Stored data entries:
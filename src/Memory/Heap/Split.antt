-- ===== src/Memory/Heap/Split.antt =====
-- `split` and the marking of segments, kernel/src/memory/heap.cpp, on the list of segments.
use lensor_os.Prelude.{
  ℕ, ◌+◌, ◌-◌, ◌≡◌, ◌∙◌, refl, sym, ◌≤◌, ◌<◌, false, Bool, none, some, List, [], ◌∷◌, ◌++◌, arith,
  ◌==◌, ltb,
}
use lensor_os.Prelude.Words.{add64, sub64}
use lensor_os.Memory.Heap.{
  Heap, heap_virtual_base, header_size, heap_byte_align, set_last, mark, insert_header, split,
}
use lensor_os.Memory.Heap.Chain.{Segment, after, final, final-append}
use lensor_os.Memory.Heap.Sound.{Sound, place, header_lem, second_lem, room, changed}

-- Marking a segment changes nothing else.
module _ (h : Heap) (xs : List Segment) (s : Segment) (b : Bool) where
  abbrev pub marked : Segment
  marked = record s { free = b }

  marked_last :
      (ys : List Segment)
      → Sound h (xs ++ (s ∷ ys))
      → h.last_header ≡ final none heap_virtual_base (xs ++ (marked ∷ ys))
  marked_last ys v =
      v.last
      ∙ final-append none heap_virtual_base xs (s ∷ ys)
      ∙ sym (final-append none heap_virtual_base xs (marked ∷ ys))

  pub mark-Sound :
      (ys : List Segment)
      → Sound h (xs ++ (s ∷ ys))
      → Sound (mark (place xs) b h) (xs ++ (marked ∷ ys))
  unfolding mark
  mark-Sound [] v =
      rw (mark, header_lem h xs s [] v)
        (changed h _ _ xs s [] marked [] [] v refl (ground arith, tt) (λ c u. ground arith) tt
          (marked_last [] v))
  mark-Sound (y ∷ ys) v =
      let k = second_lem h xs s y ys v in
      rw (mark, header_lem h xs s (y ∷ ys) v)
        (changed h _ _ xs s [] marked [] (y ∷ ys) v refl (ground arith, tt) (λ c u. ground arith)
          (
            ground (arith, k, final-append none heap_virtual_base xs (marked ∷ [])),
            λ c u. ground arith,
          )
          (marked_last (y ∷ ys) v))

-- The two segments that a split makes of one.
abbrev pub front_part : ℕ → Segment → Segment
front_part n s = record s { length = n }

abbrev pub rest_of : ℕ → Segment → Segment
rest_of n s = record s { length = s.length - n - header_size }

module _ (n : ℕ) (h : Heap) (xs : List Segment) (s : Segment) (wide : heap_byte_align ≤ n)
    (fits : n + 48 ≤ s.length) where
  middle_address :
      (ys : List Segment)
      → Sound h (xs ++ (s ∷ ys))
      → add64 (add64 (place xs) header_size) n ≡ place xs + header_size + n
  middle_address ys v = omega (arith, room h xs s ys v, v.small)

  pub insert-Sound :
      (ys : List Segment)
      → Sound h (xs ++ (s ∷ ys))
      → Sound
          (insert_header (place xs) n (s.length - n - header_size) h)
          (xs ++ (front_part n s ∷ rest_of n s ∷ ys))
  unfolding insert_header set_last
  insert-Sound [] v =
      rw (insert_header, header_lem h xs s [] v, middle_address [] v, header_lem h xs s [] v)
        (changed h _ _ xs s [] (front_part n s) (rest_of n s ∷ []) [] v (omega arith)
          (ground arith, (ground arith, tt)) (λ c u. ground arith) tt
          (sym (final-append none heap_virtual_base xs (front_part n s ∷ rest_of n s ∷ []))))
  insert-Sound (y ∷ ys) v =
      let e = header_lem h xs s (y ∷ ys) v in
      let off : (after (place xs) s == place xs) ≡ false = ground arith in
      let same : after (place xs) s ≡ after (after (place xs) (front_part n s)) (rest_of n s) =
        omega arith in
      rw (insert_header, e, middle_address (y ∷ ys) v, set_last, off, e, same)
        (changed h _ _ xs s [] (front_part n s) (rest_of n s ∷ []) (y ∷ ys) v same
          (ground arith, (ground arith, tt)) (λ c u. ground arith)
          (
            ground (
              arith,
              fits,
              final-append none heap_virtual_base xs (front_part n s ∷ rest_of n s ∷ []),
            ),
            λ c u. ground arith,
          )
          (rw
            (
              final-append none heap_virtual_base xs (front_part n s ∷ rest_of n s ∷ y ∷ ys),
              sym same,
            )
            (v.last ∙ final-append none heap_virtual_base xs (s ∷ y ∷ ys))))

  -- A split of a segment with room for both parts and a header succeeds.
  pub split-Sound :
      (ys : List Segment)
      → Sound h (xs ++ (s ∷ ys))
      → split (place xs) n h ≡ some (insert_header (place xs) n (s.length - n - header_size) h)
  unfolding split
  split-Sound ys v =
      let r = room h xs s ys v in
      let left : sub64 (sub64 s.length n) header_size ≡ s.length - n - header_size =
        omega (arith, r, v.small) in
      let t1 : ltb s.length (add64 n header_size) ≡ false = ground (arith, r, v.small) in
      let t2 : ltb n heap_byte_align ≡ false = ground arith in
      let t3 : ltb (s.length - n - header_size) heap_byte_align ≡ false = ground arith in
      rw (split, header_lem h xs s ys v, left, t1, t2, t3) refl

-- A split of any other segment is refused.
pub split_refused :
    (n : ℕ) (h : Heap) (xs : List Segment) (s : Segment) (ys : List Segment)
    → Sound h (xs ++ (s ∷ ys))
    → n ≤ s.length
    → s.length < n + 48
    → split (place xs) n h ≡ none
unfolding split
split_refused n h xs s ys v l u =
    let r = room h xs s ys v in rw (split, header_lem h xs s ys v) (ground (arith, r, v.small))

**Your assignment:**
Output the records above in their entirety, exactly.

**The completed task:**
filename src/Memory/Heap/Split.antt
-- ===== src/Memory/Heap/Split.antt =====
-- `split` and the marking of segments, kernel/src/memory/heap.cpp, on the list of segments.
use lensor_os.Prelude.{
  ℕ, ◌+◌, ◌-◌, ◌≡◌, ◌∙◌, refl, sym, ◌≤◌, ◌<◌, false, Bool, none, some, List, [], ◌∷◌, ◌++◌, arith,
  ◌==◌, ltb,
}
use lensor_os.Prelude.Words.{add64, sub64}
use lensor_os.Memory.Heap.{
  Heap, heap_virtual_base, header_size, heap_byte_align, set_last, mark, insert_header, split,
}
use lensor_os.Memory.Heap.Chain.{Segment, after, final, final-append}
use lensor_os.Memory.Heap.Sound.{Sound, place, header_lem, second_lem, room, changed}

-- Marking a segment changes nothing else.
module _ (h : Heap) (xs : List Segment) (s : Segment) (b : Bool) where
  abbrev pub marked : Segment
  marked = record s { free = b }

  marked_last :
      (ys : List Segment)
      → Sound h (xs ++ (s ∷ ys))
      → h.last_header ≡ final none heap_virtual_base (xs ++ (marked ∷ ys))
  marked_last ys v =
      v.last
      ∙ final-append none heap_virtual_base xs (s ∷ ys)
      ∙ sym (final-append none heap_virtual_base xs (marked ∷ ys))

  pub mark-Sound :
      (ys : List Segment)
      → Sound h (xs ++ (s ∷ ys))
      → Sound (mark (place xs) b h) (xs ++ (marked ∷ ys))
  unfolding mark
  mark-Sound [] v =
      rw (mark, header_lem h xs s [] v)
        (changed h _ _ xs s [] marked [] [] v refl (ground arith, tt) (λ c u. ground arith) tt
          (marked_last [] v))
  mark-Sound (y ∷ ys) v =
      let k = second_lem h xs s y ys v in
      rw (mark, header_lem h xs s (y ∷ ys) v)
        (changed h _ _ xs s [] marked [] (y ∷ ys) v refl (ground arith, tt) (λ c u. ground arith)
          (
            ground (arith, k, final-append none heap_virtual_base xs (marked ∷ [])),
            λ c u. ground arith,
          )
          (marked_last (y ∷ ys) v))

-- The two segments that a split makes of one.
abbrev pub front_part : ℕ → Segment → Segment
front_part n s = record s { length = n }

abbrev pub rest_of : ℕ → Segment → Segment
rest_of n s = record s { length = s.length - n - header_size }

module _ (n : ℕ) (h : Heap) (xs : List Segment) (s : Segment) (wide : heap_byte_align ≤ n)
    (fits : n + 48 ≤ s.length) where
  middle_address :
      (ys : List Segment)
      → Sound h (xs ++ (s ∷ ys))
      → add64 (add64 (place xs) header_size) n ≡ place xs + header_size + n
  middle_address ys v = omega (arith, room h xs s ys v, v.small)

  pub insert-Sound :
      (ys : List Segment)
      → Sound h (xs ++ (s ∷ ys))
      → Sound
          (insert_header (place xs) n (s.length - n - header_size) h)
          (xs ++ (front_part n s ∷ rest_of n s ∷ ys))
  unfolding insert_header set_last
  insert-Sound [] v =
      rw (insert_header, header_lem h xs s [] v, middle_address [] v, header_lem h xs s [] v)
        (changed h _ _ xs s [] (front_part n s) (rest_of n s ∷ []) [] v (omega arith)
          (ground arith, (ground arith, tt)) (λ c u. ground arith) tt
          (sym (final-append none heap_virtual_base xs (front_part n s ∷ rest_of n s ∷ []))))
  insert-Sound (y ∷ ys) v =
      let e = header_lem h xs s (y ∷ ys) v in
      let off : (after (place xs) s == place xs) ≡ false = ground arith in
      let same : after (place xs) s ≡ after (after (place xs) (front_part n s)) (rest_of n s) =
        omega arith in
      rw (insert_header, e, middle_address (y ∷ ys) v, set_last, off, e, same)
        (changed h _ _ xs s [] (front_part n s) (rest_of n s ∷ []) (y ∷ ys) v same
          (ground arith, (ground arith, tt)) (λ c u. ground arith)
          (
            ground (
              arith,
              fits,
              final-append none heap_virtual_base xs (front_part n s ∷ rest_of n s ∷ []),
            ),
            λ c u. ground arith,
          )
          (rw
            (
              final-append none heap_virtual_base xs (front_part n s ∷ rest_of n s ∷ y ∷ ys),
              sym same,
            )
            (v.last ∙ final-append none heap_virtual_base xs (s ∷ y ∷ ys))))

  -- A split of a segment with room for both parts and a header succeeds.
  pub split-Sound :
      (ys : List Segment)
      → Sound h (xs ++ (s ∷ ys))
      → split (place xs) n h ≡ some (insert_header (place xs) n (s.length - n - header_size) h)
  unfolding split
  split-Sound ys v =
      let r = room h xs s ys v in
      let left : sub64 (sub64 s.length n) header_size ≡ s.length - n - header_size =
        omega (arith, r, v.small) in
      let t1 : ltb s.length (add64 n header_size) ≡ false = ground (arith, r, v.small) in
      let t2 : ltb n heap_byte_align ≡ false = ground arith in
      let t3 : ltb (s.length - n - header_size) heap_byte_align ≡ false = ground arith in
      rw (split, header_lem h xs s ys v, left, t1, t2, t3) refl

-- A split of any other segment is refused.
pub split_refused :
    (n : ℕ) (h : Heap) (xs : List Segment) (s : Segment) (ys : List Segment)
    → Sound h (xs ++ (s ∷ ys))
    → n ≤ s.length
    → s.length < n + 48
    → split (place xs) n h ≡ none
unfolding split
split_refused n h xs s ys v l u =
    let r = room h xs s ys v in rw (split, header_lem h xs s ys v) (ground (arith, r, v.small))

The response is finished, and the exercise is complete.